● Available data:
-- ===== src/Protocol/RoundTrip.antt =====
-- A request in the wire format, and what the parser makes of it.
use pedis.Base.{
  ℕ, suc, ◌+◌, ◌-◌, ◌^◌, ◌<◌, ◌≡◌, refl, ap, ◌∙◌, Bool, true, false, some, List, [], ◌∷◌, ◌++◌,
  arith, length, length-append, is_empty,
}
use mathlib.Core.List.{append_assoc}
use pedis.Base.Int.{ℤ}
use pedis.Base.Bytes.{Bytes}
use pedis.Reply.Wire.{crlf}
use pedis.Protocol
use pedis.Protocol.{Request, Parsed, Next}
use pedis.Protocol.Progress.{parse_loop-fuel}
use pedis.Protocol.Lines.{
  Decimal, find-digits, take-append, drop-append, run, run-go, run-stop, step-line, run-line,
}

-- A text that a request may carry: not empty, and its length has 32 bits.
abbrev pub IsText : Bytes → Type 0
IsText text = (0 < length text) × (length text < 2 ^ 32)

abbrev pub AreTexts : List Bytes → Type 0
AreTexts [] = Unit
AreTexts (t ∷ ts) = IsText t × AreTexts ts

minus_one : (n : ℕ) → n + 1 - 1 ≡ n
minus_one n = omega arith

module _ {atoi : Bytes → ℤ} (X : Decimal atoi) where
  unfoldable pub number_line : ℕ → ℕ → Bytes → Bytes
  number_line tag n rest = tag ∷ (X.digits n ++ (crlf ++ rest))

  unfoldable pub bulk : Bytes → Bytes → Bytes
  unfolding number_line
  bulk text rest = number_line b'$' (length text) (text ++ (crlf ++ rest))

  unfoldable pub bulks : List Bytes → Bytes → Bytes
  unfolding bulk
  bulks [] rest = rest
  bulks (t ∷ ts) rest = bulk t (bulks ts rest)

  -- A request in the wire format, and what follows it.
  unfoldable pub request_bytes : Bytes → List Bytes → Bytes → Bytes
  unfolding bulks
  request_bytes command args rest = number_line b'*' (length args + 1) (bulks (command ∷ args) rest)

  convert-digits :
      (n : ℕ) (rest : Bytes)
      → 0 < n
      → n < 2 ^ 32
      → Protocol.convert_to_number atoi (X.digits n ++ (crlf ++ rest)) ≡ some n
  unfolding Protocol.convert_to_number
  convert-digits n rest h k = ground (arith, h, k, X.atoi-digits n (10 ∷ rest))

  count_line-number :
      (n : ℕ) (rest : Bytes) (r : Request)
      → 0 < n
      → n < 2 ^ 32
      → r.args ≡ []
      → Protocol.at_line_end atoi false (number_line b'*' n rest) rest r
        ≡ Next.go true rest rest (record r { args_count = n - 1 })
  unfolding Protocol.at_line_end Protocol.count_line Protocol.head number_line
  count_line-number n rest r h k e = ground (arith, h, k, e, convert-digits n rest h k)

  bulk_line-text :
      (text rest : Bytes) (r : Request)
      → IsText text
      → Protocol.at_line_end atoi true (bulk text rest) (text ++ (crlf ++ rest)) r
        ≡ Protocol.take_text atoi true text rest r
  unfolding Protocol.at_line_end Protocol.bulk_line Protocol.head bulk number_line
  bulk_line-text text rest r h =
      let n = length text in
      let end = text ++ (crlf ++ rest) in
      ground (
        arith,
        h,
        convert-digits n end h.0 h.1,
        find-digits (length end) (X.digits n) (10 ∷ end) (X.digits-IsDigits n) (omega arith),
        take-append text (crlf ++ rest),
        drop-append text rest,
        length-append text (crlf ++ rest),
      )

  after-line :
      (named : Bool) (begin rest : Bytes) (r : Request) (x : Next)
      → Protocol.at_line_end atoi named begin rest r ≡ x
      → Protocol.step atoi named begin (crlf ++ rest) r ≡ x
  after-line named begin rest r x e = step-line atoi named begin rest r ∙ e

  run-count :
      (n : ℕ) (rest : Bytes) (r : Request)
      → 0 < n
      → n < 2 ^ 32
      → r.args ≡ []
      → run atoi false (number_line b'*' n rest) (number_line b'*' n rest) r
        ≡ run atoi true rest rest (record r { args_count = n - 1 })
  unfolding number_line
  run-count n rest r h k e =
      let s = number_line b'*' n rest in
      run-line atoi false b'*' (X.digits n) rest r s (λ q. ground (arith, q))
        (λ q. ground (arith, q)) (X.digits-IsDigits n)
      ∙ run-go atoi false true s rest (crlf ++ rest) rest r (record r { args_count = n - 1 })
          (after-line false s rest r _ (count_line-number n rest r h k e)) (omega arith)

  -- One text: the round at its line end decides.
  run-bulk :
      (text rest : Bytes) (r : Request)
      → run atoi true (bulk text rest) (bulk text rest) r
        ≡ run atoi true (bulk text rest) (crlf ++ (text ++ (crlf ++ rest))) r
  unfolding bulk number_line
  run-bulk text rest r =
      run-line atoi true b'$' (X.digits (length text)) (text ++ (crlf ++ rest)) r (bulk text rest)
        (λ q. ground (arith, q)) (λ q. ground (arith, q)) (X.digits-IsDigits (length text))

  run-bulk_go :
      (text rest : Bytes) (r r' : Request)
      → IsText text
      → Protocol.take_text atoi true text rest r ≡ Next.go true rest rest r'
      → run atoi true (bulk text rest) (bulk text rest) r ≡ run atoi true rest rest r'
  run-bulk_go text rest r r' h e =
      let end = text ++ (crlf ++ rest) in
      run-bulk text rest r
      ∙ run-go atoi true true (bulk text rest) rest (crlf ++ end) rest r r'
          (after-line true (bulk text rest) end r _ (bulk_line-text text rest r h ∙ e))
          (omega (arith, length-append text (crlf ++ rest)))

  run-bulk_stop :
      (text rest : Bytes) (r : Request) (p : Parsed)
      → IsText text
      → Protocol.take_text atoi true text rest r ≡ Next.stop p
      → run atoi true (bulk text rest) (bulk text rest) r ≡ p
  run-bulk_stop text rest r p h e =
      let end = text ++ (crlf ++ rest) in
      run-bulk text rest r
      ∙ run-stop atoi true (bulk text rest) (crlf ++ end) r p
          (after-line true (bulk text rest) end r _ (bulk_line-text text rest r h ∙ e))

  -- The arguments, up to the number that the first line gave.
  run-bulks :
      (t : Bytes) (ts : List Bytes) (rest : Bytes) (r : Request)
      → AreTexts (t ∷ ts)
      → is_empty r.command ≡ false
      → r.args_count ≡ length r.args + length (t ∷ ts)
      → run atoi true (bulks (t ∷ ts) rest) (bulks (t ∷ ts) rest) r
        ≡ Parsed.done (record r { state = Protocol.ProtocolState.ok; args = r.args ++ t ∷ ts }) rest
  unfolding bulks Protocol.take_text
  run-bulks t [] rest r h c n =
      run-bulk_stop t rest r _ h.0 (ground (arith, c, n, length-append r.args (t ∷ [])))
  run-bulks t (u ∷ ts) rest r h c n =
      let r' : Request = record r { args = r.args ++ t ∷ [] } in
      run-bulk_go t (bulks (u ∷ ts) rest) r r' h.0
        (ground (arith, c, n, length-append r.args (t ∷ [])))
      ∙ run-bulks u ts rest r' h.1 c (omega (arith, n, length-append r.args (t ∷ [])))
      ∙ ap (λ l. Parsed.done (record r { state = Protocol.ProtocolState.ok; args = l }) rest)
          (append_assoc r.args (t ∷ []) (u ∷ ts))

  parse-run :
      (r : Request) (buf : Bytes)
      → Protocol.parse atoi r buf
        ≡ Protocol.check_size (length buf) (run atoi false buf buf (record r { command = [] }))
  unfolding Protocol.parse
  parse-run r buf = ap (Protocol.check_size (length buf)) (
      parse_loop-fuel atoi (length buf + 1) (suc (length buf)) false buf buf
        (record r { command = [] }) (omega arith) (omega arith))

  -- The first line and the command.
  run-command :
      (r : Request) (command : Bytes) (args : List Bytes) (rest : Bytes)
      → r.args ≡ []
      → IsText command
      → length args + 1 < 2 ^ 32
      → let s = request_bytes command args rest in
        run atoi false s s (record r { command = [] })
        ≡ run atoi true
            (bulks args rest)
            (bulks args rest)
            (record r { command = command; args_count = length args })
  unfolding request_bytes bulks Protocol.take_text
  run-command r command args rest e h n =
      let r0 : Request = record r { command = []; args_count = length args + 1 - 1 } in
      let r1 : Request = record r { command = command; args_count = length args + 1 - 1 } in
      run-count (length args + 1) (bulk command (bulks args rest)) (record r { command = [] })
        (omega arith) n e
      ∙ run-bulk_go command (bulks args rest) r0 r1 h refl
      ∙ ap
          (λ k.
            run atoi true (bulks args rest) (bulks args rest)
              (record r { command = command; args_count = k }))
          (minus_one (length args))

  IsText-nonempty : (t : Bytes) → IsText t → is_empty t ≡ false
  IsText-nonempty t h = ground (arith, h)

  -- A request in the wire format, of a command and one argument at least, each neither empty nor as
  -- long as 2^32 bytes and fewer than 2^32 in all, is parsed into exactly that command and those
  -- arguments, and the parser stops where the request ends; `atoi` reads back the decimal digits,
  -- and the parser starts without arguments.
  pub parse-request_bytes :
      (r : Request) (command t : Bytes) (ts : List Bytes) (rest : Bytes)
      → r.args ≡ []
      → AreTexts (command ∷ t ∷ ts)
      → length (t ∷ ts) + 1 < 2 ^ 32
      → Protocol.parse atoi r (request_bytes command (t ∷ ts) rest)
        ≡ Parsed.done
            (record {
              state = Protocol.ProtocolState.ok;
              command = command;
              args_count = length (t ∷ ts);
              args = t ∷ ts;
            })
            rest
  parse-request_bytes r command t ts rest e h n =
      let args = t ∷ ts in
      let buf = request_bytes command args rest in
      let r1 : Request = record r { command = command; args_count = length args } in
      parse-run r buf
      ∙ ap (Protocol.check_size (length buf)) (
          run-command r command args rest e h.0 n
          ∙ run-bulks t ts rest r1 h.1 (IsText-nonempty command h.0) (omega (arith, ap length e))
          ∙ ap
              (λ l.
                Parsed.done (record r1 { state = Protocol.ProtocolState.ok; args = l ++ args })
                  rest)
              e)

  -- A whole request of a command without arguments is never completed: the parser takes the command
  -- and asks for more bytes, or throws where the request is longer than 64 KiB.
  pub parse-command_alone :
      (r : Request) (command : Bytes)
      → r.args ≡ []
      → IsText command
      → Protocol.parse atoi r (request_bytes command [] [])
        ≡ Protocol.check_size
            (length (request_bytes command [] []))
            (Parsed.more (record r { command = command; args_count = 0 }))
  unfolding Protocol.step bulks
  parse-command_alone r command e h =
      let buf = request_bytes command [] [] in
      parse-run r buf
      ∙ ap (Protocol.check_size (length buf)) (
          run-command r command [] [] e h (omega arith)
          ∙ run-stop atoi true [] [] (record r { command = command; args_count = 0 }) _ refl)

● Action item: Provide the count of lines holding the word "pedis" in these entries, and no other words.

● Exercise solution: 8